-- ===== src/Interpreter/Step.antt =====
-- The dispatch of Interpreter::Invoke (interpreter/interpreter.cpp).
use k3s_virtual_machine.Base.{
  ℕ, zero, suc, not, [], ◌∷◌, Outcome, ok, err, ◌>>=◌, undefined, unimplemented,
}
use k3s_virtual_machine.Interpreter.Isa.{
  Opcode, jump, ble, blt, bge, bne, call, ret, getthis, stnull, ldai, lda, sta, mov, add, sub, mul,
  div, mod_, add2, sub2, div2, mul2, deca, newarr, setelem, getelem, dump, dumpa, getarg0, getarg1,
  setret0, setarg0, setarg1, getret0,
}
use k3s_virtual_machine.Interpreter.Machine.{Machine, fetch, advance, get_acc, get_reg, push_frame}
use k3s_virtual_machine.Interpreter.Allocate.{new_function}
use k3s_virtual_machine.Interpreter.Decode.{Operands, decode_and_resolve}
use k3s_virtual_machine.Interpreter.Transfer.{
  handle_ldai, handle_lda, handle_sta, handle_stnull, handle_mov, handle_jump, handle_branch,
  handle_getarg, handle_getthis, handle_setarg, handle_getret0, handle_setret0, handle_call,
}
use k3s_virtual_machine.Interpreter.Values.{
  Doubles, handle_arith, handle_div, handle_arith2, handle_div2, handle_deca, handle_newarr,
  handle_setelem_array, handle_setelem_object, handle_getelem_array, handle_getelem_object,
}

-- RET pops the frame and goes on behind the call, or ends Invoke in the last frame.
pub data Result : Type 0 where
  running : Machine → Result
  returned : Machine → Result

unfoldable pub handle_ret : Machine → Outcome Result
unfolding advance
handle_ret m = elim m.state_stack [
  | [] ↦ err undefined
  | f ∷ fs ↦ elim fs [
    | [] ↦ ok (returned m)
    | g ∷ gs ↦ ok (running (advance (record m { pc = f.caller_pc; state_stack = g ∷ gs })))
  ]
]

-- A handler that ends in ADVANCE_FETCH_AND_DISPATCH.
abbrev pub then_advance : Outcome Machine → Outcome Result
then_advance o = do m ← o; ok (running (advance m))

abbrev pub then_fetch : Outcome Machine → Outcome Result
then_fetch o = do m ← o; ok (running m)

-- The dispatch table: the handler of an opcode and an overload. Dumps only print.
unfoldable pub dispatch : Doubles → Machine → Opcode → ℕ → Operands → Outcome Result
dispatch d m jump n o = then_fetch (handle_jump m o.imm)
dispatch d m ble n o = then_fetch (handle_branch d.le_zero m o.imm)
dispatch d m blt n o = then_fetch (handle_branch d.lt_zero m o.imm)
dispatch d m bge n o = then_fetch (handle_branch d.ge_zero m o.imm)
dispatch d m bne n o = then_fetch (handle_branch (λ x. not (d.eq_zero x)) m o.imm)
dispatch d m call n o = then_fetch (handle_call m)
dispatch d m ret n o = handle_ret m
dispatch d m getthis n o = then_advance (handle_getthis m o.first_reg)
dispatch d m stnull n o = then_advance (handle_stnull m o.first_reg)
dispatch d m ldai n o = then_advance (handle_ldai m o.imm)
dispatch d m lda n o = then_advance (handle_lda m o.first_reg)
dispatch d m sta n o = then_advance (handle_sta m o.first_reg)
dispatch d m mov n o = then_advance (handle_mov m o.first_reg o.second_reg)
dispatch d m add zero o = then_advance (handle_arith d.plus m o.first_reg o.second_reg)
dispatch d m add (suc n) o = err unimplemented
dispatch d m sub n o = then_advance (handle_arith d.minus m o.first_reg o.second_reg)
dispatch d m mul n o = then_advance (handle_arith d.times m o.first_reg o.second_reg)
dispatch d m div n o = then_advance (handle_div d d.over m o.first_reg o.second_reg)
dispatch d m mod_ n o = then_advance (handle_div d d.fmod m o.first_reg o.second_reg)
dispatch d m add2 zero o = then_advance (handle_arith2 d.plus m o.first_reg)
dispatch d m add2 (suc n) o = err unimplemented
dispatch d m sub2 zero o = then_advance (handle_arith2 d.minus m o.first_reg)
dispatch d m sub2 (suc n) o = err unimplemented
dispatch d m div2 zero o = then_advance (handle_div2 d m o.first_reg)
dispatch d m div2 (suc n) o = err unimplemented
dispatch d m mul2 zero o = then_advance (handle_arith2 d.times m o.first_reg)
dispatch d m mul2 (suc n) o = err unimplemented
dispatch d m deca n o = then_advance (handle_deca d m)
dispatch d m newarr n o = then_advance (handle_newarr d m o.first_reg)
dispatch d m setelem zero o = then_advance (handle_setelem_array d m o.first_reg o.second_reg)
dispatch d m setelem (suc n) o = then_advance (handle_setelem_object m o.first_reg o.second_reg)
dispatch d m getelem zero o = then_advance (handle_getelem_array d m o.first_reg o.second_reg)
dispatch d m getelem (suc n) o = then_advance (handle_getelem_object m o.first_reg o.second_reg)
dispatch d m dump n o = then_advance (get_reg m o.first_reg >>= λ _. ok m)
dispatch d m dumpa n o = then_advance (get_acc m >>= λ _. ok m)
dispatch d m getarg0 n o = then_advance (handle_getarg 0 m o.first_reg)
dispatch d m getarg1 n o = then_advance (handle_getarg 1 m o.first_reg)
dispatch d m setret0 n o = then_advance (handle_setret0 m o.first_reg)
dispatch d m setarg0 n o = then_advance (handle_setarg 0 m o.first_reg)
dispatch d m setarg1 n o = then_advance (handle_setarg 1 m o.first_reg)
dispatch d m getret0 n o = then_advance (handle_getret0 m o.first_reg)

-- One round: fetch, decode, dispatch.
unfoldable pub step : Doubles → Machine → Outcome Result
step d m = do inst ← fetch m; (opcode, n, o) ← decode_and_resolve m inst; dispatch d m opcode n o

-- The first instruction's state: Invoke makes a function object of the entry point and its frame.
unfoldable pub start : Machine → Outcome Machine
start m = do (main, m') ← new_function m m.pc; push_frame m' 18446744073709551615 main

^^^^

Problem to work on: Within the listing above, extract exactly the lines from the line with "-- A handler" to the line with "dispatch d m add (suc", the two named lines included, and no others.

Response for this exercise:
-- A handler that ends in ADVANCE_FETCH_AND_DISPATCH.
abbrev pub then_advance : Outcome Machine → Outcome Result
then_advance o = do m ← o; ok (running (advance m))

abbrev pub then_fetch : Outcome Machine → Outcome Result
then_fetch o = do m ← o; ok (running m)

-- The dispatch table: the handler of an opcode and an overload. Dumps only print.
unfoldable pub dispatch : Doubles → Machine → Opcode → ℕ → Operands → Outcome Result
dispatch d m jump n o = then_fetch (handle_jump m o.imm)
dispatch d m ble n o = then_fetch (handle_branch d.le_zero m o.imm)
dispatch d m blt n o = then_fetch (handle_branch d.lt_zero m o.imm)
dispatch d m bge n o = then_fetch (handle_branch d.ge_zero m o.imm)
dispatch d m bne n o = then_fetch (handle_branch (λ x. not (d.eq_zero x)) m o.imm)
dispatch d m call n o = then_fetch (handle_call m)
dispatch d m ret n o = handle_ret m
dispatch d m getthis n o = then_advance (handle_getthis m o.first_reg)
dispatch d m stnull n o = then_advance (handle_stnull m o.first_reg)
dispatch d m ldai n o = then_advance (handle_ldai m o.imm)
dispatch d m lda n o = then_advance (handle_lda m o.first_reg)
dispatch d m sta n o = then_advance (handle_sta m o.first_reg)
dispatch d m mov n o = then_advance (handle_mov m o.first_reg o.second_reg)
dispatch d m add zero o = then_advance (handle_arith d.plus m o.first_reg o.second_reg)
dispatch d m add (suc n) o = err unimplemented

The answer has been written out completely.